Numerous other embodiments may be envisaged, without departing from the spirit and scope of the invention.

Claims

1. A method of making a surface of a musical instrument for use as a pan drum comprising:

a) providing a sheet of metal having an outer peripheral region and an inner region which will form the drum;

b) securing the outer peripheral region of the sheet of metal such that it is mechanically clamped or held;

c) relatively bringing an the inner region of the sheet of metal and a forming member together in such a manner as to provide a force therebetween while relatively rotating the sheet and the forming member so as to form a first bowl.

2. A method as defined in claim 1 wherein step (c) is performed by a computer controlled machine.

3. A method as defined in claim 2, wherein the computer controlled machine includes the forming member, and wherein the forming member is brought into contact with the inner region of the metal sheet and is forced against the inner region of the metal sheet with a force sufficient to deform the metal sheet.

4. A method as defined in claim 3 wherein the force changes non-linearly as the member moves across the inner region of the sheet.

5. A method as defined in claim 4 wherein the forming member is a roller and wherein grooves are formed in the inner region by the forming member, and wherein the roller is applied in the absence of a mandrel.

6. A method as defined in claim 5 wherein the forming member is moved across the inner region of the metal sheet without passing beyond the center of the sheet, thereby sweeping through an arc of no more than 90 degrees.

7. A method as defined in claim 5 wherein the grooves form circular patterns in the inner region.

8. A method as defined in claim 7 wherein the step of securing the sheet includes the step of securing the outer peripheral region of the sheet in a frame clamped between two members.

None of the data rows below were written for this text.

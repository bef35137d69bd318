-- ===== src/Tasks/Jobs/Tickets.antt =====
-- near-fetch/src/lib.rs: the nonces that tasks have taken, from `fetch_add` to the sending of the
-- transaction.
use near_fetch.Prelude.{
  ℕ, ◌<◌, ◌≤◌, List, [], ◌∷◌, Option, none, some, ◌≡◌, ◌≢◌, sym, ◌∙◌, ap, arith, All, insert,
  ℕ_discrete, ◌⊎◌, lookup, lookup-insert_self, lookup-insert_ne, inl, inr,
}
use mathlib.Core.Path.{subst}
use mathlib.Core.Option.{some-injective}
use near_fetch.Near.{Near}
use near_fetch.Near.Requests.{SignedTransaction}
use near_fetch.Effects.{CacheKey, cache_key_eq, Nonces, update}
use near_fetch.Tasks.Jobs.{Ticket, Stage, taking, holding, has_signer_id, ready}

module _ ⦃near : Near⦄ where
  abbrev pub Sent : Type 0
  Sent = Ticket × SignedTransaction

  -- the ticket that a task has, from `fetch_add` to the sending of the transaction
  abbrev pub ticket_of : Stage → Option Ticket
  ticket_of (taking _ c) = some c
  ticket_of (holding _ c _) = some c
  ticket_of (has_signer_id _ c _ _) = some c
  ticket_of (ready _ c _) = some c
  ticket_of _ = none

  -- Not the same nonce of the same key, unless the key was invalidated in between.
  abbrev pub IsApart : Ticket → Ticket → Type 0
  IsApart c d = c.key ≡ d.key → c.epoch ≡ d.epoch → c.nonce ≢ d.nonce

  abbrev pub ArePairwiseApart : List Sent → Type 0
  ArePairwiseApart [] = Unit
  ArePairwiseApart (x ∷ xs) = All (λ y. IsApart x.0 y.0) xs × ArePairwiseApart xs

  -- The key was invalidated since, or the cache still holds a nonce for it that is at least this
  -- one.
  abbrev pub IsOld : Nonces → (CacheKey → ℕ) → Ticket → Type 0
  IsOld nonces epoch c =
      (c.epoch ≤ epoch c.key)
      × (c.epoch ≡ epoch c.key
          → (h : ℕ) × (lookup cache_key_eq c.key nonces ≡ some h) × (c.nonce ≤ h))

  -- What holds of the tickets in every reachable state.
  pub record IsSound (nonces : Nonces) (epoch : CacheKey → ℕ) (stage : ℕ → Stage) (sent : List Sent)
      : Type 0 where
    pub old : (i : ℕ) (c : Ticket) → ticket_of (stage i) ≡ some c → IsOld nonces epoch c
    pub sent_old : All (λ x. IsOld nonces epoch x.0) sent
    pub apart :
        (i j : ℕ) (c d : Ticket)
        → i ≢ j
        → ticket_of (stage i) ≡ some c
        → ticket_of (stage j) ≡ some d
        → IsApart c d
    pub unsent : (i : ℕ) (c : Ticket) → ticket_of (stage i) ≡ some c → All (λ x. IsApart c x.0) sent
    pub pairwise : ArePairwiseApart sent

  pub All-weaken :
      {P Q : Sent → Type 0} (xs : List Sent) → ((x : Sent) → P x → Q x) → All P xs → All Q xs
  All-weaken [] f a = tt
  All-weaken (x ∷ xs) f a = (f x a.0, All-weaken xs f a.1)

  -- No task has a ticket that it had not, and those are as old.
  pub weaken-IsSound :
      {nonces nonces' : Nonces} {epoch epoch' : CacheKey → ℕ} {stage stage' : ℕ → Stage}
      {sent : List Sent}
      → ((c : Ticket) → IsOld nonces epoch c → IsOld nonces' epoch' c)
      → ((j : ℕ) (c : Ticket) → ticket_of (stage' j) ≡ some c → ticket_of (stage j) ≡ some c)
      → IsSound nonces epoch stage sent
      → IsSound nonces' epoch' stage' sent
  weaken-IsSound {sent} stays had sound = record {
    old = λ j c has. stays c (sound.old j c (had j c has));
    sent_old = All-weaken sent (λ x. stays x.0) sound.sent_old;
    apart = λ j l c d ne has other. sound.apart j l c d ne (had j c has) (had l d other);
    unsent = λ j c has. sound.unsent j c (had j c has);
    pairwise = sound.pairwise;
  }

  -- The task keeps its ticket, or drops it.
  pub keep-had :
      (stage : ℕ → Stage) (i : ℕ) (p : Stage)
      → ((c : Ticket) → ticket_of p ≡ some c → ticket_of (stage i) ≡ some c)
      → (j : ℕ) (c : Ticket) → ticket_of (update stage i p j) ≡ some c
      → ticket_of (stage j) ≡ some c
  keep-had stage i p keeps j c has = ground (arith, keeps c)

  -- The nonce is above the one in the cache.
  module _ (k : CacheKey) (n : ℕ) (nonces : Nonces) (epoch : CacheKey → ℕ)
      (above : (h : ℕ) → lookup cache_key_eq k nonces ≡ some h → h < n) where
    abbrev pub new : Ticket
    new = record { key = k; epoch = epoch k; nonce = n }

    old-IsApart : (c : Ticket) → IsOld nonces epoch c → IsApart c new
    old-IsApart c old key same nonce =
        let (h, found, le) = old.1 (same ∙ ap epoch (sym key)) in
        omega (arith, above h (ap (λ q. lookup cache_key_eq q nonces) (sym key) ∙ found))

    insert-IsOld :
        (c : Ticket) → IsOld nonces epoch c → IsOld (insert cache_key_eq k n nonces) epoch c
    insert-IsOld c old = (
      old.0,
      λ same.
          let (h, found, le) = old.1 same in
          elim (cache_key_eq c.key k) [
            | yes key ↦ (
              n,
              rw key (lookup-insert_self cache_key_eq k n nonces),
              omega (arith, above h (ap (λ q. lookup cache_key_eq q nonces) (sym key) ∙ found)),
            )
            | no other ↦ (h, lookup-insert_ne cache_key_eq c.key k n nonces other ∙ found, le)
          ],
    )

    new-IsOld : IsOld (insert cache_key_eq k n nonces) epoch new
    new-IsOld = (omega arith, λ same. (n, lookup-insert_self cache_key_eq k n nonces, omega arith))

  IsApart-sym : (c d : Ticket) → IsApart c d → IsApart d c
  IsApart-sym c d x key epoch nonce = x (sym key) (sym epoch) (sym nonce)

  -- what is at the cell that was written, and at the others
  pub update-cases :
      (stage : ℕ → Stage) (i : ℕ) (p : Stage) (j : ℕ) (c : Ticket)
      → ticket_of (update stage i p j) ≡ some c
      → ((i ≡ j) × (ticket_of p ≡ some c)) ⊎ ((i ≢ j) × (ticket_of (stage j) ≡ some c))
  update-cases stage i p j c has = elim (ℕ_discrete i j) [
    | yes e ↦ inl (e, ground arith)
    | no ne ↦ inr (ne, ground arith)
  ]

  module _ (k : CacheKey) (n : ℕ) (nonces : Nonces) (epoch : CacheKey → ℕ)
      (above : (h : ℕ) → lookup cache_key_eq k nonces ≡ some h → h < n) (p : Stage)
      (is_new : ticket_of p ≡ some (record { key = k; epoch = epoch k; nonce = n })) where
    is_new-IsOld :
        (c : Ticket) → ticket_of p ≡ some c → IsOld (insert cache_key_eq k n nonces) epoch c
    is_new-IsOld c has =
        subst (IsOld (insert cache_key_eq k n nonces) epoch) (some-injective _ _ (sym is_new ∙ has))
          (new-IsOld k n nonces epoch above)

    is_new-IsApart : (c d : Ticket) → ticket_of p ≡ some c → IsOld nonces epoch d → IsApart c d
    is_new-IsApart c d has old =
        subst (λ t. IsApart t d) (some-injective _ _ (sym is_new ∙ has))
          (IsApart-sym d _ (old-IsApart k n nonces epoch above d old))

    -- The task takes a nonce that is above the one in the cache.
    pub take-IsSound :
        (i : ℕ) (stage : ℕ → Stage) (sent : List Sent)
        → IsSound nonces epoch stage sent
        → IsSound (insert cache_key_eq k n nonces) epoch (update stage i p) sent
    take-IsSound i stage sent sound = record {
      old = λ j c has. elim (update-cases stage i p j c has) [
        | inl (e, has) ↦ is_new-IsOld c has
        | inr (ne, has) ↦ insert-IsOld k n nonces epoch above c (sound.old j c has)
      ];
      sent_old = All-weaken sent (λ x. insert-IsOld k n nonces epoch above x.0) sound.sent_old;
      apart = λ j l c d ne has other. elim (update-cases stage i p j c has) [
        | inl (e, has) ↦ elim (update-cases stage i p l d other) [
          | inl (f, other) ↦ absurd (ne (sym e ∙ f))
          | inr (f, other) ↦ is_new-IsApart c d has (sound.old l d other)
        ]
        | inr (e, has) ↦ elim (update-cases stage i p l d other) [
          | inl (f, other) ↦ IsApart-sym d c (is_new-IsApart d c other (sound.old j c has))
          | inr (f, other) ↦ sound.apart j l c d ne has other
        ]
      ];
      unsent = λ j c has. elim (update-cases stage i p j c has) [
        | inl (e, has) ↦ All-weaken sent (λ x. is_new-IsApart c x.0 has) sound.sent_old
        | inr (ne, has) ↦ sound.unsent j c has
      ];
      pairwise = sound.pairwise;
    }
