-- ===== src/Tasks/Jobs/Carried.antt =====
-- near-fetch/src/lib.rs: what the transactions carry that tasks sign, and which account and public
-- key their nonces are for.
use near_fetch.Prelude.{
  ℕ, List, [], ◌∷◌, ◌≡◌, refl, sym, ◌∙◌, arith, All, zero, suc, ℕ_discrete, inl, inr,
}
use mathlib.Core.Path.{subst}
use near_fetch.Near.{Near}
use near_fetch.Effects.{CacheKey, Net, update, Signer}
use near_fetch.Tasks as Tasks
use near_fetch.Tasks.{
  acquire_read, hit, miss, acquire_write, find_occupied, find_vacant, fetched, failed, viewed,
  viewed_occupied, cancelled, invalidate,
}
use near_fetch.Tasks.Jobs.{
  Stage, taking, holding, has_signer_id, ready, resting, asking, sending, Jobs, put, Work, Fetches,
  Returns, Step, account, public_key, sign_tx, fetch_nonce, fetch, signer_id, sign, send, refused,
  finished, dropped, Reach, here, next, current,
}
use near_fetch.Tasks.Jobs.Tickets.{Sent}
use near_fetch.Error.{ok}
use near_fetch.Effects.Laws.{ok_injective}
use near_fetch.Signer.{expose_account_id}
use near_fetch.Signer.Rotating.{index}

module _ ⦃near : Near⦄ where
  -- The transaction has the nonce of its ticket, and the account and the public key it is for.
  abbrev pub Carries : Sent → Type 0
  Carries (c, tx) =
      (tx.transaction.nonce ≡ c.nonce)
      × (tx.transaction.signer_id ≡ c.key.0)
      × (tx.transaction.public_key ≡ c.key.1)

module _ ⦃near : Near⦄ ⦃net : Net⦄ where
  -- Every signer that a task has is of one account, as those of `try_from_iter` are.
  abbrev pub OneAccount : Work → (ℕ → near.AccountId) → Type 0
  OneAccount work accounts =
      (i : ℕ)
      → All (λ signer. (id : near.AccountId) → expose_account_id signer ≡ ok id → id ≡ accounts i)
          (work.signer i).signers

module _ ⦃near : Near⦄ ⦃net : Net⦄ (work : Work) (accounts : ℕ → near.AccountId)
    (owned : OneAccount work accounts) where
  -- What a task has is for its account.
  abbrev Agrees : ℕ → Stage → Type 0
  Agrees i (asking _ k) = k.0 ≡ accounts i
  Agrees i (taking _ c) = c.key.0 ≡ accounts i
  Agrees i (holding _ c _) = c.key.0 ≡ accounts i
  Agrees i (has_signer_id _ c _ id) = (c.key.0 ≡ accounts i) × (id ≡ accounts i)
  Agrees i (ready _ c tx) = Carries (c, tx)
  Agrees i _ = Unit

  -- What the tasks have is theirs, and so is what they sent.
  abbrev IsCarried : Jobs → Type 0
  IsCarried s = ((i : ℕ) → Agrees i (s.stage i)) × All Carries s.sent

  put-Agrees :
      (i : ℕ) (p : Stage) (stage : ℕ → Stage)
      → Agrees i p
      → ((j : ℕ) → Agrees j (stage j))
      → (j : ℕ) → Agrees j (update stage i p j)
  put-Agrees i p stage new agrees j = elim (ℕ_discrete i j) [
    | yes e ↦
        let written : update stage i p j ≡ p = ground (arith, e) in
        subst (Agrees j) (sym written) (subst (λ l. Agrees l p) e new)
    | no ne ↦
        let kept : update stage i p j ≡ stage j = ground (arith, ne) in
        subst (Agrees j) (sym kept) (agrees j)
  ]

  index-All :
      (P : Signer → Type 0) (signers : List Signer) (j : ℕ) (signer : Signer)
      → index signers j ≡ ok signer
      → All P signers
      → P signer
  index-All P [] j signer e a = cc
  index-All P (x ∷ xs) zero signer e a = subst P (ok_injective e) a.0
  index-All P (x ∷ xs) (suc j) signer e a = index-All P xs j signer e a.1

  current-account :
      (i : ℕ) (s : Jobs) (signer : Signer) (id : near.AccountId)
      → current work i s ≡ ok signer
      → expose_account_id signer ≡ ok id
      → id ≡ accounts i
  current-account i s signer id now acc =
      index-All (λ x. (a : near.AccountId) → expose_account_id x ≡ ok a → a ≡ accounts i)
        (work.signer i).signers _ signer now (owned i) id acc

  put-IsCarried : (i : ℕ) (p : Stage) (s : Jobs) → Agrees i p → IsCarried s → IsCarried (put i p s)
  put-IsCarried i p s new (agrees, sent) = (put-Agrees i p s.stage new agrees, sent)

  -- What the task has agrees with where it is.
  at-Agrees : (i : ℕ) (p : Stage) (s : Jobs) → s.stage i ≡ p → IsCarried s → Agrees i p
  at-Agrees i p s at carried = subst (Agrees i) at (carried.0 i)

  Returns-IsCarried :
      (i : ℕ) (k : CacheKey) (n : ℕ) (s : Jobs) (c : Tasks.System) {t : Jobs}
      → Returns i k n s c t
      → IsCarried s
      → IsCarried t
  Returns-IsCarried i k n s c (inl (ck, e, hash, at, f)) carried =
      subst IsCarried (sym f) (put-IsCarried i _ s (at-Agrees i _ s at carried) carried)
  Returns-IsCarried i k n s c (inr f) carried =
      subst IsCarried (sym f) (put-IsCarried i resting s tt carried)

  Fetches-IsCarried :
      (s t : Jobs) {c : Tasks.System} (st : Tasks.Step s.cache c)
      → Fetches s st t
      → IsCarried s
      → IsCarried t
  Fetches-IsCarried s t (acquire_read i k p free e) (ck, at, f) carried =
      subst IsCarried (sym f) carried
  Fetches-IsCarried s t (hit i k n p found e) (ck, at, f) carried =
      subst IsCarried (sym f) (put-IsCarried i _ s (at-Agrees i (asking ck k) s at carried) carried)
  Fetches-IsCarried s t (miss i k p absent e) f carried = subst IsCarried (sym f) carried
  Fetches-IsCarried s t (acquire_write i k p free e) f carried = subst IsCarried (sym f) carried
  Fetches-IsCarried s t (find_occupied i k n p found e) (ck, at, f) carried =
      subst IsCarried (sym f) (put-IsCarried i _ s (at-Agrees i (asking ck k) s at carried) carried)
  Fetches-IsCarried s t (find_vacant i k p absent e) f carried = subst IsCarried (sym f) carried
  Fetches-IsCarried s t (fetched i k n p e) (ck, hash, at, f) carried =
      subst IsCarried (sym f) (put-IsCarried i _ s (at-Agrees i (asking ck k) s at carried) carried)
  Fetches-IsCarried s t (failed i k p e) f carried =
      subst IsCarried (sym f) (put-IsCarried i resting s tt carried)
  Fetches-IsCarried s t {c} (viewed i k n p e) f carried = Returns-IsCarried i k n s c f carried
  Fetches-IsCarried s t {c} (viewed_occupied i k n p e) f carried =
      Returns-IsCarried i k n s c f carried
  Fetches-IsCarried s t (cancelled i k p e) f carried =
      subst IsCarried (sym f) (put-IsCarried i resting s tt carried)
  Fetches-IsCarried s t (invalidate k free e) f carried = subst IsCarried (sym f) carried

  Step-IsCarried : {s t : Jobs} → Step work s t → IsCarried s → IsCarried t
  Step-IsCarried {s} {t} (fetch st f) carried = Fetches-IsCarried s t st f carried
  Step-IsCarried {s} {t} (refused i ck at free e f) carried =
      Fetches-IsCarried s t (invalidate ck free e) f carried
  Step-IsCarried {s} (account i signer id at now acc e) carried =
      subst IsCarried (sym e) (put-IsCarried i _ s tt carried)
  Step-IsCarried {s} (public_key i signer id at now e) carried =
      subst IsCarried (sym e) (put-IsCarried i _ s tt carried)
  Step-IsCarried {s} (sign_tx i signer ck at now e) carried =
      subst IsCarried (sym e) (put-IsCarried i _ s tt carried)
  Step-IsCarried {s} (fetch_nonce i signer ck pk id at now acc e) carried =
      subst IsCarried (sym e) (put-IsCarried i _ s (current-account i s signer id now acc) carried)
  Step-IsCarried {s} (signer_id i signer ck c hash id at now acc e) carried =
      subst IsCarried (sym e) (
        put-IsCarried i _ s
          (at-Agrees i (holding ck c hash) s at carried, current-account i s signer id now acc)
          carried)
  Step-IsCarried {s} (sign i signer ck c hash id at now e) carried =
      let (own, same) = at-Agrees i (has_signer_id ck c hash id) s at carried in
      subst IsCarried (sym e) (put-IsCarried i _ s (refl, same ∙ sym own, refl) carried)
  Step-IsCarried {s} (send i ck c tx at e) carried =
      let (agrees, sent) = put-IsCarried i (sending ck) s tt carried in
      subst IsCarried (sym e) (agrees, (at-Agrees i (ready ck c tx) s at carried, sent))
  Step-IsCarried {s} (finished i ck at e) carried =
      subst IsCarried (sym e) (put-IsCarried i _ s tt carried)
  Step-IsCarried {s} (dropped i ck k at out e) carried =
      subst IsCarried (sym e) (put-IsCarried i _ s tt carried)

  Reach-IsCarried : {s : Jobs} → Reach work s → IsCarried s
  Reach-IsCarried (here counters) = ((λ i. tt), tt)
  Reach-IsCarried (next r st) = Step-IsCarried st (Reach-IsCarried r)

  -- Every transaction that was sent carries the nonce that its task took for it, and the account
  -- and the public key that the task took it for.
  pub Reach-Carries : {s : Jobs} → Reach work s → All Carries s.sent
  Reach-Carries r = (Reach-IsCarried r).1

9. A method as defined in claim 8 wherein the step of securing the sheet includes bolting the outer peripheral region to a frame.

10. A method as defined in claim 9 wherein the outer peripheral region is clamped while being rotated about an axis orthogonal to an axis about which the forming member is moved.

11. A method as defined in claim 10, wherein the first bowl is stamped with domes or dimples to form note regions.

12. A method as defined in claim 11 wherein the note regions have substantially planar surfaces defined about the domes or dimples each forming drumming region forming a musical note, and wherein a plurality of the notes differ in pitch.

13. A method as defined in claim 12 further comprising providing a second bowl having an opening in a bottom portion thereof, wherein the second bowl is coupled to the first bowl forming an instrument.

14. A musical instrument for drumming comprising:

an upper curved substantially hemispherical metal surface having a central axis of symmetry, the hemisphere forming a dish on an inside surface and forming a dome on an outside surface thereof, a thickness of the hemisphere varying radially from the outside edge to the central axis such that a region therebetween has a thickness that is at least 30% less than a thickness of the outside edge or a thickness about the central axis.

15. A musical instrument as defined in claim 14 wherein the thickness of the metal in a region immediately surrounding the central axis is at least 1.4 times the thickness of a mid region of the hemisphere.

16. A musical instrument as defined in claim 14 wherein the upper curved substantially hemispherical surface has a plurality of spaced apart note regions located on the surface, wherein a major portion of each note region is substantially planar.

17. A musical instrument as defined in claim 16 wherein a minor portion of each note region is concave or convex in a central region of the note region.

18. A musical instrument as defined in claim 17, wherein the major portion of each note region is stamped so as to form the planar surface.

19. A musical instrument as defined in claim 14 further comprising a bowl shaped bottom coupled to the an upper curved substantially hemispherical metal surface.

20. A musical instrument as defined in claim 14 wherein the thickness of the metal around an outer periphery of the hemisphere is at least 1.4 times the thickness of a mid region of the hemisphere.